TASK BRIEF: The word "made" may appear in some lines of the data; copy every such line.

SUPPLIED ENTRIES:
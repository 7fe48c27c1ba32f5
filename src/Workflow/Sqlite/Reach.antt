-- ===== src/Workflow/Sqlite/Reach.antt =====
-- The databases that sequences of calls of `SQLiteStateStore` reach.
pub mod States
pub mod Records
use nl2data_core.Common.{
  then_ok, bind_ok, ok_injective, ℕ, ◌+◌, ◌≡◌, ◌↔◌, refl, sym, ap, ◌∙◌, inl, inr, Bool-cases, Bool,
  true, false, ◌&&◌, not, Option, none, some, List, [], ◌∷◌, ◌++◌, String, Result, ok, err, ◌>>=◌,
  ◌>>◌, raise_if, arith, All, All-append, str_eq, opt_eq, str_eq_iff, if◌then◌else◌, is_some, subst,
  ltb,
}
use nl2data_core.Common.Text.{is_fingerprint}
use nl2data_core.Workflow.Models.{WorkflowStatus, WorkflowState, scope_ok}
use nl2data_core.Workflow.Snapshot.{Iso}
use nl2data_core.Workflow.Snapshot.RoundTrip.{IsConstructed}
use nl2data_core.Workflow.Sqlite.{
  StateRow, SqlError, value_error, namespace, select_state, insert_state, update_states, new_row,
  create, updated_row, check_row, update_selected, update,
}
use nl2data_core.Workflow.Sqlite.Idempotency.{
  IdempotencyStatus, reserved, completed, IdempotencyRecord, IdempotencyError, Binding,
  select_record, validate_identity, scope_name, new_record, is_expired, check_binding,
  delete_records, update_records, reserve_selected, reserve_idempotency, check_completion,
  completed_record, complete_selected, complete_idempotency,
}
use nl2data_core.Workflow.Sqlite.Refinement.{IsRow, IsTable}
use nl2data_core.Workflow.Sqlite.Table.{create-IsTable, update-IsTable}
use nl2data_core.Workflow.Sqlite.Batches.{delete, delete_batch, find, IsKeyed}
use nl2data_core.Workflow.Sqlite.Batches as Batches
use nl2data_core.Workflow.Sqlite.Batches.Keyed.{
  IsKeyed-append, find-delete_self, IsKeyed-delete, IsKeyed-delete_batch, All-delete,
  All-delete_batch, IsKeyed-update,
}
use nl2data_core.Workflow.Sqlite.Cleanup.{
  Database, ended_batch, expired_batch, state_namespace, state_id, record_namespace, record_key,
  select_state-find, select_record-find, cleanup,
}
use nl2data_core.Workflow.Sqlite.Reach.States.{
  create-IsKeyed, update-IsKeyed, scope_ok-of_namespace,
}
use nl2data_core.Workflow.Sqlite.Reach.Records.{
  outcome_ok, AreRecords, reserve-AreRecords, complete-AreRecords,
}

-- One successful call, at any clock reading.
module _ (iso : Iso) (scan : List (String × String) → List (String × String)) where
  pub data Step : Database → Database → Type 0 where
    creating :
        (now : ℕ) (state : WorkflowState) {rows : List StateRow} {db : Database}
        → IsConstructed state
        → create iso now state db.states ≡ ok rows
        → Step db (record db { states = rows })
    updating :
        (now : ℕ) (id : String) (expected : WorkflowStatus) (state : WorkflowState)
        (version : Option ℕ) (scope : Option String) {rows : List StateRow} {db : Database}
        → IsConstructed state
        → update iso now id expected state version scope db.states ≡ ok rows
        → Step db (record db { states = rows })
    reserving :
        (now : ℕ) (ex : Option String) (b : Binding) {r : IdempotencyRecord}
        {rows : List IdempotencyRecord} {db : Database}
        → reserve_idempotency iso now ex b db.records ≡ ok (r, rows)
        → Step db (record db { records = rows })
    completing :
        (now : ℕ) (key id outcome : String) (scope : Option String) {r : IdempotencyRecord}
        {rows : List IdempotencyRecord} {db : Database}
        → complete_idempotency now key id outcome scope db.records ≡ ok (r, rows)
        → Step db (record db { records = rows })
    cleaning :
        (terminal_before expired_before : String) (max_records removed : ℕ) {db after : Database}
        → cleanup iso scan terminal_before expired_before max_records db ≡ ok (removed, after)
        → Step db after

  pub data Reach : Database → Type 0 where
    new : Reach (record { states = []; records = [] })
    call : {db after : Database} → Reach db → Step db after → Reach after

  pub record IsSound (db : Database) : Type 0 where
    pub written : IsTable iso db.states
    pub keyed : IsKeyed state_namespace state_id db.states
    pub records : AreRecords db.records

  Step-IsSound : {db after : Database} → Step db after → IsSound db → IsSound after
  unfolding update cleanup
  Step-IsSound {db} (creating now state c h) v = record {
    written = create-IsTable iso now state db.states _ v.written c h;
    keyed = create-IsKeyed iso now state db.states _ v.keyed h;
    records = v.records;
  }
  Step-IsSound {db} (updating now id expected state version scope c h) v =
      let (ns, named, _) =
        bind_ok (namespace scope)
          (λ ns.
            update_selected iso now id expected state version ns (select_state ns id db.states)
              db.states)
          _ h in
      record {
        written =
            update-IsTable iso now id expected state version scope db.states _ v.written c
              (scope_ok-of_namespace scope ns named) h;
        keyed = update-IsKeyed iso now id expected state version scope db.states _ v.keyed h;
        records = v.records;
      }
  Step-IsSound {db} (reserving now ex b h) v = record {
    written = v.written;
    keyed = v.keyed;
    records = reserve-AreRecords iso now ex b db.records v.records h;
  }
  Step-IsSound {db} (completing now key id outcome scope h) v = record {
    written = v.written;
    keyed = v.keyed;
    records = complete-AreRecords now key id outcome scope db.records v.records h;
  }
  Step-IsSound {db} {after} (cleaning t e m n h) v =
      let (_, made) = then_ok (raise_if (ltb m 1) value_error) _ (n, after) h in
      let ended = ended_batch iso scan t m db.states in
      let expired = expired_batch iso scan e m db.records in
      subst (λ x. IsSound x.1) (ok_injective _ refl made)
        (record {
          written = All-delete_batch state_namespace state_id (IsRow iso) ended db.states v.written;
          keyed = IsKeyed-delete_batch state_namespace state_id ended db.states v.keyed;
          records = (
            IsKeyed-delete_batch record_namespace record_key expired db.records v.records.0,
            All-delete_batch record_namespace record_key (λ r. outcome_ok r ≡ true) expired
                db.records v.records.1,
          );
        })

  -- Whatever calls are made on a new database, with states that pass validation, each row of
  -- `workflow_states` is the snapshot of a constructed state in the namespace of its scope, both tables
  -- have each key once, and an idempotency record has an outcome fingerprint exactly when it is
  -- completed.
  pub Reach-IsSound : {db : Database} → Reach db → IsSound db
  Reach-IsSound new = record { written = tt; keyed = tt; records = (tt, tt) }
  Reach-IsSound (call r s) = Step-IsSound s (Reach-IsSound r)
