-- ===== src/Workflow/Sqlite/Tests.antt =====
-- A table with one workflow and a key, and the theorems about snapshots and the SQLite store at them.
use Prim.Native.String.{◌++◌ as str_append, count as str_length}
use text.Mathlib.TextLemmas.{length-append}
use nl2data_core.Common.{
  ℕ, zero, suc, ◌≡◌, ◌≢◌, refl, ap, none, some, List, [], ◌∷◌, String, ok, err, arith, contains,
}
use nl2data_core.Common.Dict.{lookup}
use nl2data_core.Common.Text.{is_identifier, is_fingerprint, is_key_char}
use nl2data_core.Workflow.Models.{created, state_ok, budget_ok, event_ok, scope_ok}
use nl2data_core.Workflow.Tests.{new_state, queued_state, done_state}
use nl2data_core.Workflow.Snapshot.{Iso, serialize_snapshot}
use nl2data_core.Workflow.Snapshot.Reading.{deserialize_snapshot}
use nl2data_core.Workflow.Snapshot.RoundTrip.{IsConstructed, canonical, deserialize-serialize}
use nl2data_core.Workflow.Contract.{create_entry, update_entry, Implements}
use nl2data_core.Workflow.Sqlite.{StateRow, new_row, create, update}
use nl2data_core.Workflow.Sqlite.Refinement.{error_class, IsTable, entry, update-Implements}
use nl2data_core.Workflow.Sqlite.Creation.{create-Implements}
use nl2data_core.Workflow.Sqlite.Idempotency.{
  IdempotencyRecord, Binding, new_record, reserve_idempotency, complete_idempotency,
  get_idempotency, is_key, completed_record, already_completed,
}
use nl2data_core.Workflow.Sqlite.Idempotency.Once.{reserve_once}
use nl2data_core.Workflow.Sqlite.Idempotency.Completion.{complete_once}
use nl2data_core.Workflow.Sqlite.Batches.{keys_where, delete, delete_batch, find}
use nl2data_core.Workflow.Sqlite.Cleanup.{Database, cleanup, Kept, cleanup-Kept}
use nl2data_core.Workflow.Sqlite.Reach.{
  creating, reserving, completing, new, call, IsSound, Reach-IsSound,
}

-- An instant as a text of that length.
unfoldable pub ticks : ℕ → String
ticks zero = ""
ticks (suc t) = str_append "x" (ticks t)

pub length-ticks : (t : ℕ) → str_length (ticks t) ≡ t
unfolding ticks
length-ticks zero = refl
length-ticks (suc t) = omega (arith, length-append "x" (ticks t), length-ticks t)

abbrev pub iso : Iso
iso = record {
  isoformat = ticks;
  parse = λ t. some (str_length t);
  parse-isoformat = λ t. ap some (length-ticks t);
}

pub new-IsConstructed : IsConstructed new_state
unfolding state_ok budget_ok is_identifier is_fingerprint
new-IsConstructed = record {
  state = refl;
  budget = refl;
  events = tt;
  compatibility = λ k. omega arith;
}

queued-IsConstructed : IsConstructed queued_state
unfolding state_ok budget_ok event_ok is_identifier is_fingerprint
queued-IsConstructed = record {
  state = refl;
  budget = refl;
  events = (refl, tt);
  compatibility = λ k. omega arith;
}

deserialize-serialize_example :
    (deserialize_snapshot iso 0 (serialize_snapshot iso queued_state) ≡ ok (canonical queued_state))
    × ((x : String)
        → contains x (canonical queued_state).evidence_fingerprints
          ≡ contains x queued_state.evidence_fingerprints)
    × ((x : String)
        → contains x (canonical queued_state).gate_evidence_fingerprints
          ≡ contains x queued_state.gate_evidence_fingerprints)
    × ((k : String)
        → lookup k (canonical queued_state).compatibility_fingerprints
          ≡ lookup k queued_state.compatibility_fingerprints)
deserialize-serialize_example = deserialize-serialize iso 0 queued_state queued-IsConstructed

abbrev pub table : List StateRow
table = new_row iso 5 new_state "" ∷ []

-- `create` inserts it.
inserted : create iso 5 new_state [] ≡ ok table
unfolding create
inserted = refl

pub table-IsTable : IsTable iso table
table-IsTable = (
  record {
    state = new_state;
    constructed = new-IsConstructed;
    written = refl;
    same_status = refl;
    same_scope = refl;
    namespaced = refl;
  },
  tt,
)

update-Implements_example :
    Implements
      (entry iso 8)
      error_class
      none
      "wf-1"
      table
      (update iso 8 "wf-1" created queued_state (some 1) none table)
      (update_entry 8 created (canonical queued_state) (some 1) (entry iso 8 none "wf-1" table))
unfolding scope_ok
update-Implements_example =
    update-Implements iso 8 "wf-1" created queued_state (some 1) none table table-IsTable
      queued-IsConstructed refl

create-Implements_example :
    Implements
      (entry iso 8)
      error_class
      none
      "wf-1"
      table
      (create iso 8 queued_state table)
      (create_entry 8 (canonical queued_state) (entry iso 8 none "wf-1" table))
create-Implements_example =
    create-Implements iso 8 queued_state table table-IsTable queued-IsConstructed

abbrev binding : Binding
binding = record { key = "key-1"; request_id = "req-1"; workflow_id = "wf-1"; scope = none }

abbrev record_1 : IdempotencyRecord
record_1 = new_record 5 (some (ticks 50)) "" binding

held : reserve_idempotency iso 5 (some (ticks 50)) binding [] ≡ ok (record_1, record_1 ∷ [])
unfolding reserve_idempotency is_key is_key_char is_identifier
held = refl

reserve_once_example :
    (reserve_idempotency iso 9 none binding (record_1 ∷ []) ≡ ok (record_1, record_1 ∷ []))
    × ((c : Binding) (x : IdempotencyRecord × List IdempotencyRecord)
        → c.key ≡ "key-1"
        → c.scope ≡ none
        → reserve_idempotency iso 9 none c (record_1 ∷ []) ≡ ok x
        → (c.request_id ≡ "req-1") × (c.workflow_id ≡ "wf-1") × (x ≡ (record_1, record_1 ∷ [])))
unfolding ticks
reserve_once_example = reserve_once iso 5 9 (some (ticks 50)) none binding [] held refl

abbrev outcome : String
outcome = "sha256:0123456789abcdef0123456789abcdef0123456789abcdef0123456789abcdef"

abbrev record_2 : IdempotencyRecord
record_2 = completed_record 7 "wf-1" outcome record_1

over :
    complete_idempotency 7 "key-1" "wf-1" outcome none (record_1 ∷ [])
    ≡ ok (record_2, record_2 ∷ [])
unfolding complete_idempotency is_key is_key_char is_identifier is_fingerprint
over = refl

complete_once_example :
    (get_idempotency "key-1" none (record_2 ∷ []) ≡ ok (some record_2))
    × (record_2.terminal_outcome_fingerprint ≡ some outcome)
    × ((later : ℕ) (other : String)
        → complete_idempotency later "key-1" "wf-1" other none (record_2 ∷ [])
          ≡ err (already_completed "key-1"))
    × ((later : ℕ) (id other : String) (x : IdempotencyRecord × List IdempotencyRecord)
        → complete_idempotency later "key-1" id other none (record_2 ∷ []) ≢ ok x)
complete_once_example = complete_once 7 "key-1" "wf-1" outcome none (record_1 ∷ []) over

-- One finished workflow, one live one and two keys, of which one expired.
abbrev record_3 : IdempotencyRecord
record_3 = record record_1 { idempotency_key = "key-3"; expires_at = none }

abbrev database : Database
database = record {
  states =
      new_row iso 5 new_state ""
      ∷ new_row iso 6 (record done_state { workflow_id = "wf-2" }) ""
      ∷ [];
  records = record_1 ∷ record_3 ∷ [];
}

abbrev in_order : List (String × String) → List (String × String)
in_order xs = xs

cleaned :
    cleanup iso in_order (ticks 7) (ticks 60) 10 database
    ≡ ok (2, record { states = table; records = record_3 ∷ [] })
unfolding ticks cleanup keys_where delete_batch delete
cleaned = refl

cleanup-Kept_example :
    (removed : ℕ) × (after : Database) × (cleanup iso in_order (ticks 7) (ticks 60) 10 database
      ≡ ok (removed, after))
    × Kept iso (ticks 7) (ticks 60) 10 database after removed
unfolding find
cleanup-Kept_example =
    cleanup-Kept iso in_order (ticks 7) (ticks 60) 10 database
      (record { same_length = λ xs. refl; same_keys = λ n k xs. refl }) (refl, (refl, tt))
      (refl, (refl, tt)) (omega arith)

Reach-IsSound_example : IsSound iso in_order (record { states = table; records = record_2 ∷ [] })
Reach-IsSound_example = Reach-IsSound iso in_order (
    call
      (call (call new (creating 5 new_state new-IsConstructed inserted))
        (reserving 5 (some (ticks 50)) binding held))
      (completing 7 "key-1" "wf-1" outcome none over))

FINAL ANSWER:
      let (_, made) = then_ok (raise_if (ltb m 1) value_error) _ (n, after) h in
      subst (λ x. IsSound x.1) (ok_injective _ refl made)
  -- Whatever calls are made on a new database, with states that pass validation, each row of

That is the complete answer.